I almost can't believe myself, but I nearly didn't write anything for this glorious feast.  I don't write religious pieces very often.  Perhaps I am at fault for this. . . .  But I would be remiss if I skipped over this, most beloved of all feasts on my heart.  . . . .That is, it is the devotion which is the closest to my heart.  Which is ironic, in a way, because it is the Sacred Heart.

I opened my journal today and decided to just do my best at pouring out my heart about it.  This is what happened:
Sacred Heart of Jesus, I bow before Your greatness.  Your magnificence is truly dumbfounding.  Nothing compares to Your radiance; nothing can compete with Your influence on my life.  I express, now, my deepest gratitude to You and my humblest devotion.  No matter what, You have my heart.  You may ever hold my heart within Your own.  Hold it prisoner there if it so pleases You; but I beg You, cast it not away from You when it breaks or turns cold.  Only Your blood, which You shed, could ever make it whole again. 
Sacred Heart of Jesus, I trust in You.
I wanted to share it so I could explain, in some small way, the ardor of my affection for this feast.

I have always been drawn to the Sacred Heart.  I don't know why, but it was only recently that I began to take the interest seriously and delve into it a bit more.  One website I found interesting was this: http://www.sistersofreparation.org/history-of-devotion-to-the-sacred-heart.html.  I was particularly interested to read about Sr.
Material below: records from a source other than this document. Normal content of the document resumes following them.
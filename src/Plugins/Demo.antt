-- ===== src/Plugins/Demo.antt =====
-- plugins/demo_app/demo_app.cpp: a window of two colours, as a plugin of the host. The colours and the
-- constants of GKC are parameters.
pub mod Painting
use protocol_design.Prelude.{
  ℕ, zero, suc, ◌+◌, ◌*◌, List, Bool, not, ◌&&◌, ◌||◌, if◌then◌else◌, ◌==◌, leb, ltb, set,
}
use protocol_design.Prelude.Int.{pos, less, of_u32}
use protocol_design.Common.Rect.{rect}
use protocol_design.Common.InputEvent.{GkcConstants, UiMessageMouse, UiMessageKeyboard}
use protocol_design.Apphost.UiHost.{Plugin, Script, finished, call, damage, quit}

abbrev pub window_width : ℕ
window_width = 32

abbrev pub window_height : ℕ
window_height = 16

abbrev pub small_left : ℕ
small_left = 8

abbrev pub small_top : ℕ
small_top = 4

abbrev pub small_right : ℕ
small_right = 16

abbrev pub small_bottom : ℕ
small_bottom = 12

-- COLOR_QUAD_RED and the others.
pub record DemoColors : Type 0 where
  pub red : ℕ
  pub green : ℕ
  pub blue : ℕ
  pub cyan : ℕ
  pub yellow : ℕ

pub record DemoWindow : Type 0 where
  pub draw_count : ℕ
  pub bg_color : ℕ
  pub small_color : ℕ

abbrev pub in_small : ℕ → ℕ → Bool
in_small x y = (leb small_left x && ltb x small_right) && (leb small_top y && ltb y small_bottom)

-- The columns of row `y` from `x` on, and the rows from `y` on, `n` of which are left.
unfoldable pub draw_columns : ℕ → ℕ → ℕ → ℕ → ℕ → ℕ → List ℕ → List ℕ
draw_columns zero x y width bg small buf = buf
draw_columns (suc n) x y width bg small buf =
    draw_columns n (x + 1) y width bg small
      (set buf (y * width + x) (if in_small x y then small else bg))

unfoldable pub draw_lines : ℕ → ℕ → ℕ → ℕ → ℕ → List ℕ → List ℕ
unfolding draw_columns
draw_lines zero y width bg small buf = buf
draw_lines (suc n) y width bg small buf =
    draw_lines n (y + 1) width bg small (draw_columns width 0 y width bg small buf)

module _ (colors : DemoColors) where
  abbrev pub fresh_window : DemoWindow
  fresh_window = record { draw_count = 0; bg_color = colors.blue; small_color = colors.green }

  -- What is drawn depends on how often it was drawn before.
  unfoldable pub do_draw : List ℕ → ℕ → ℕ → DemoWindow → List ℕ × DemoWindow
  unfolding draw_lines
  do_draw buf width height w =
      let count = w.draw_count + 1 in
      let bg = if leb count 2 then colors.blue else w.bg_color in
      let small =
        if count == 1 then colors.red else if count == 2 then colors.green else w.small_color in
      (
        draw_lines height 0 width bg small buf,
        record w {
          draw_count = count;
          small_color = if count == 2 then colors.green else w.small_color;
        },
      )

  module _ (gkc : GkcConstants) where
    -- A coordinate of a message is the pattern of an `int`.
    unfoldable pub do_mouse : UiMessageMouse → DemoWindow → Script DemoWindow
    do_mouse m w =
        let x = of_u32 m.x in
        let y = of_u32 m.y in
        if not (m.event == gkc.event_down)
        then finished w
        else if not (m.button == gkc.button_left)
        then finished w
        else if less x (pos small_left) || not (less x (pos small_right))
        then finished w
        else if less y (pos small_top) || not (less y (pos small_bottom))
        then finished w
        else call (damage (rect small_left small_top small_right small_bottom))
            (record w {
              small_color = if w.small_color == colors.green then colors.yellow else colors.green;
            })
            (λ p. finished p)

    unfoldable pub do_keyboard : UiMessageKeyboard → DemoWindow → Script DemoWindow
    do_keyboard kb w =
        if not (kb.down == 1)
        then finished w
        else if not (kb.key == 0x70)
        then finished w
        else call (damage (rect 0 0 window_width window_height))
            (record w { bg_color = if w.bg_color == colors.blue then colors.cyan else colors.blue })
            (λ p. finished p)

    abbrev pub demo : Plugin DemoWindow
    demo = record {
      on_draw = λ pixels width height paint w. do_draw pixels width height w;
      on_mouse = do_mouse;
      on_keyboard = do_keyboard;
      on_work = λ n w. finished w;
      on_close = λ w. call quit w (λ p. finished p);
    }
Maria Alfonsa.  I could swear I've heard about her before, but what interested me was that she came to Steubenville – where I'm going to college!  I thought that was so cool!
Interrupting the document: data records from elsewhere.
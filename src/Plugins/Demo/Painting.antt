-- ===== src/Plugins/Demo/Painting.antt =====
-- What plugins/demo_app/demo_app.cpp draws, as a plugin of the host.
use protocol_design.Prelude.{
  ℕ, zero, suc, ◌+◌, ◌*◌, List, [], ◌∷◌, Bool, true, false, if◌then◌else◌, ◌==◌, leb, set, All,
}
use protocol_design.Client.Renderer.Rows.{IsPixel}
use protocol_design.Apphost.UiHost.Mirror.{DrawsPixels}
use protocol_design.Plugins.Demo.{
  DemoColors, DemoWindow, in_small, draw_columns, draw_lines, do_draw, demo,
}
use protocol_design.Common.InputEvent.{GkcConstants}

pub record ArePixels (colors : DemoColors) (w : DemoWindow) : Type 0 where
  pub red_ok : IsPixel colors.red
  pub green_ok : IsPixel colors.green
  pub blue_ok : IsPixel colors.blue
  pub bg_ok : IsPixel w.bg_color
  pub small_ok : IsPixel w.small_color

if-IsPixel : (b : Bool) (x y : ℕ) → IsPixel x → IsPixel y → IsPixel (if b then x else y)
if-IsPixel true x y v w = v
if-IsPixel false x y v w = w

set-IsPixel : (xs : List ℕ) (i v : ℕ) → IsPixel v → All IsPixel xs → All IsPixel (set xs i v)
set-IsPixel [] i v h a = tt
set-IsPixel (x ∷ xs) zero v h a = (h, a.1)
set-IsPixel (x ∷ xs) (suc i) v h a = (a.0, set-IsPixel xs i v h a.1)

module _ (width bg small : ℕ) (bg_ok : IsPixel bg) (small_ok : IsPixel small) where
  draw_columns-IsPixel :
      (n x y : ℕ) (buf : List ℕ)
      → All IsPixel buf
      → All IsPixel (draw_columns n x y width bg small buf)
  unfolding draw_columns
  draw_columns-IsPixel zero x y buf a = a
  draw_columns-IsPixel (suc n) x y buf a =
      let color = if in_small x y then small else bg in
      draw_columns-IsPixel n (x + 1) y (set buf (y * width + x) color) (
        set-IsPixel buf (y * width + x) color (if-IsPixel (in_small x y) small bg small_ok bg_ok) a)

  draw_lines-IsPixel :
      (n y : ℕ) (buf : List ℕ) → All IsPixel buf → All IsPixel (draw_lines n y width bg small buf)
  unfolding draw_lines
  draw_lines-IsPixel zero y buf a = a
  draw_lines-IsPixel (suc n) y buf a =
      draw_lines-IsPixel n (y + 1) (draw_columns width 0 y width bg small buf)
        (draw_columns-IsPixel width 0 y buf a)

pub demo-DrawsPixels :
    (colors : DemoColors) (gkc : GkcConstants) (w : DemoWindow)
    → ArePixels colors w
    → DrawsPixels (demo colors gkc) w
unfolding do_draw
demo-DrawsPixels colors gkc w v pixels width height q a =
    let count = w.draw_count + 1 in
    draw_lines-IsPixel width _ _ (if-IsPixel (leb count 2) _ _ v.blue_ok v.bg_ok)
      (if-IsPixel (count == 1) _ _ v.red_ok (if-IsPixel (count == 2) _ _ v.green_ok v.small_ok))
      height 0 pixels a
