-- ===== src/Plugins/Drawing.antt =====
-- The pixel helpers of plugins/app_2048/app_2048.cpp. The picture is a list of numbers, row by row; the
-- coordinates that cannot be negative are natural numbers.
pub mod Numbers
use protocol_design.Prelude.{
  ℕ, zero, suc, ◌+◌, ◌-◌, ◌*◌, ◌/◌, ◌%◌, ◌^◌, List, [], ◌∷◌, ◌++◌, Bool, true, false, not, ◌&&◌,
  ◌||◌, if◌then◌else◌, ◌==◌, leb, ltb, length, get_or, set,
}
use Prim.Native.Nat.{min}
use protocol_design.Prelude.Int.{ℤ, pos, negsuc, plus}
use protocol_design.Client.Renderer.{fill_rows}

abbrev pub canvas_h : ℕ
canvas_h = 200

abbrev pub glyph_w : ℕ
glyph_w = 5

abbrev pub glyph_h : ℕ
glyph_h = 7

abbrev pub glyph_spacing : ℕ
glyph_spacing = 1

abbrev digit_glyphs : List (List ℕ)
digit_glyphs =
    (0b01110 ∷ 0b10001 ∷ 0b10011 ∷ 0b10101 ∷ 0b11001 ∷ 0b10001 ∷ 0b01110 ∷ [])
    ∷ (0b00100 ∷ 0b01100 ∷ 0b00100 ∷ 0b00100 ∷ 0b00100 ∷ 0b00100 ∷ 0b01110 ∷ [])
    ∷ (0b01110 ∷ 0b10001 ∷ 0b00001 ∷ 0b00010 ∷ 0b00100 ∷ 0b01000 ∷ 0b11111 ∷ [])
    ∷ (0b11110 ∷ 0b00001 ∷ 0b00001 ∷ 0b01110 ∷ 0b00001 ∷ 0b00001 ∷ 0b11110 ∷ [])
    ∷ (0b00010 ∷ 0b00110 ∷ 0b01010 ∷ 0b10010 ∷ 0b11111 ∷ 0b00010 ∷ 0b00010 ∷ [])
    ∷ (0b11111 ∷ 0b10000 ∷ 0b11110 ∷ 0b00001 ∷ 0b00001 ∷ 0b10001 ∷ 0b01110 ∷ [])
    ∷ (0b00110 ∷ 0b01000 ∷ 0b10000 ∷ 0b11110 ∷ 0b10001 ∷ 0b10001 ∷ 0b01110 ∷ [])
    ∷ (0b11111 ∷ 0b00001 ∷ 0b00010 ∷ 0b00100 ∷ 0b01000 ∷ 0b01000 ∷ 0b01000 ∷ [])
    ∷ (0b01110 ∷ 0b10001 ∷ 0b10001 ∷ 0b01110 ∷ 0b10001 ∷ 0b10001 ∷ 0b01110 ∷ [])
    ∷ (0b01110 ∷ 0b10001 ∷ 0b10001 ∷ 0b01111 ∷ 0b00001 ∷ 0b00010 ∷ 0b01100 ∷ [])
    ∷ []

-- A pixel outside the canvas is not drawn; no caller has a negative row.
unfoldable pub put_pixel : ℕ → ℤ → ℕ → ℕ → List ℕ → List ℕ
put_pixel stride (negsuc x) y c buf = buf
put_pixel stride (pos x) y c buf =
    if leb stride x || leb canvas_h y then buf else set buf (y * stride + x) c

unfoldable pub fill_rect : ℕ → ℕ → ℕ → ℕ → ℕ → ℕ → List ℕ → List ℕ
unfolding fill_rows
fill_rect stride left top right bottom c buf =
    fill_rows (min bottom canvas_h - top) top stride left (min right stride - left) c buf

-- The columns of a row of a glyph, `n` of which are left.
unfoldable pub draw_bits : ℕ → ℕ → ℕ → ℤ → ℕ → ℕ → List ℕ → List ℕ
unfolding put_pixel
draw_bits zero bits stride x y fg buf = buf
draw_bits (suc n) bits stride x y fg buf =
    draw_bits n bits stride (plus x 1) y fg
      (if bits / 2 ^ n % 2 == 1 then put_pixel stride x y fg buf else buf)

unfoldable pub draw_glyph : List ℕ → ℕ → ℤ → ℕ → ℕ → List ℕ → List ℕ
unfolding draw_bits
draw_glyph [] stride x y fg buf = buf
draw_glyph (bits ∷ rows) stride x y fg buf =
    draw_glyph rows stride x (y + 1) fg (draw_bits glyph_w bits stride x y fg buf)

unfoldable pub draw_digit : ℕ → ℤ → ℕ → ℕ → ℕ → List ℕ → List ℕ
unfolding draw_glyph
draw_digit stride x y digit fg buf =
    if ltb 9 digit then buf else draw_glyph (get_or digit_glyphs digit []) stride x y fg buf

-- The array `digits` of `draw_number` has room for `n` more.
unfoldable pub digits_of : ℕ → ℕ → List ℕ
digits_of zero value = []
digits_of (suc n) value =
    let rest = digits_of n (value / 10) in if value == 0 then [] else value % 10 ∷ rest

unfoldable pub number_digits : ℕ → List ℕ
number_digits value = if value == 0 then 0 ∷ [] else digits_of 10 value

-- The last of the digits is drawn first: what it leaves of the picture, and the width so far.
unfoldable pub draw_digits : List ℕ → ℕ → ℤ → ℕ → ℕ → ℕ × List ℕ → ℕ × List ℕ
unfolding draw_digit
draw_digits [] stride x y fg drawn = drawn
draw_digits (digit ∷ []) stride x y fg drawn =
    let (w, buf) = drawn in (w + glyph_w, draw_digit stride (plus x w) y digit fg buf)
draw_digits (digit ∷ d ∷ digits) stride x y fg drawn =
    let (w, buf) = drawn in
    draw_digits (d ∷ digits) stride x y fg
      (w + glyph_w + glyph_spacing, draw_digit stride (plus x w) y digit fg buf)

abbrev pub backwards : List ℕ → List ℕ → List ℕ
backwards [] done = done
backwards (d ∷ ds) done = backwards ds (d ∷ done)

unfoldable pub draw_number : ℕ → ℤ → ℕ → ℕ → ℕ → List ℕ → ℕ × List ℕ
draw_number stride x y value fg buf =
    draw_digits (backwards (number_digits value) []) stride x y fg (0, buf)

-- The loop of `number_width`: a 32-bit number has at most ten digits, which is the fuel given.
unfoldable pub count_digits : ℕ → ℕ → ℕ
count_digits zero value = 0
count_digits (suc n) value =
    let rest = count_digits n (value / 10) in if value == 0 then 0 else suc rest

unfoldable pub number_width : ℕ → ℕ
number_width value =
    let n = if value == 0 then 1 else count_digits 10 value in n * glyph_w + (n - 1) * glyph_spacing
I also found this website, suggested by http://raindropsandmoonlight.blogspot.com:
I highly recommend it to get further acquainted with this devotion.

And then there's this: http://www.newadvent.org/cathen/07163a.htm.  I haven't read it but I'm sure it's splendid.

There's also this site, which I've not finished exploring yet: http://sacredheartdevotion.com/

There's one prayer to the Sacred Heart of Jesus that, I remember, really got me hooked:

I fly to Thee Sacred Heart of my Savior, for Thou art for my refuge, my only hope.  Thou art the remedy for all my miseries, my consolation in all my wretchedness, the reparation for all my infidelities, the supplement for all my deficiencies, the expiation for all my sins, and the hope and end of all my prayers.
Thou art the only one who is never weary of me and Who can bear with my faults, because Thou lovest me with an infinite love.  Therefore, O my God, have mercy on me according to Thy great mercy, and do with me, and for me, and in me, whatever Thou wilt, for I give myself entirely to Thee, divine Heart, with full confidence that Thou wilt never reject me.
Amen.

For some reason, this prayer always comforts me or gives me strength.  It hasn't let me down yet.  Perhaps because I believe in it so much.

I also love that it is so closely intertwined with the Eucharist and Divine Mercy.  My house is consecrated to the Divine Mercy and a local parish has Perpetual Adoration in "The Divine Mercy Chapel," which I used to have a weekly slot at; not to mention how much I love the Eucharist.  And the Sacred Heart and Divine Mercy devotions are so closely related.  I'm just head over heals in love with the Sacred Heart.
A friend of mine shared this on Facebook today
and it quickly became my cover photo.
I have also found the letters of Saint Margaret Mary Alacoque in PDF form, if you're interested.  I haven't read much of it but I was super excited to find it so readily available.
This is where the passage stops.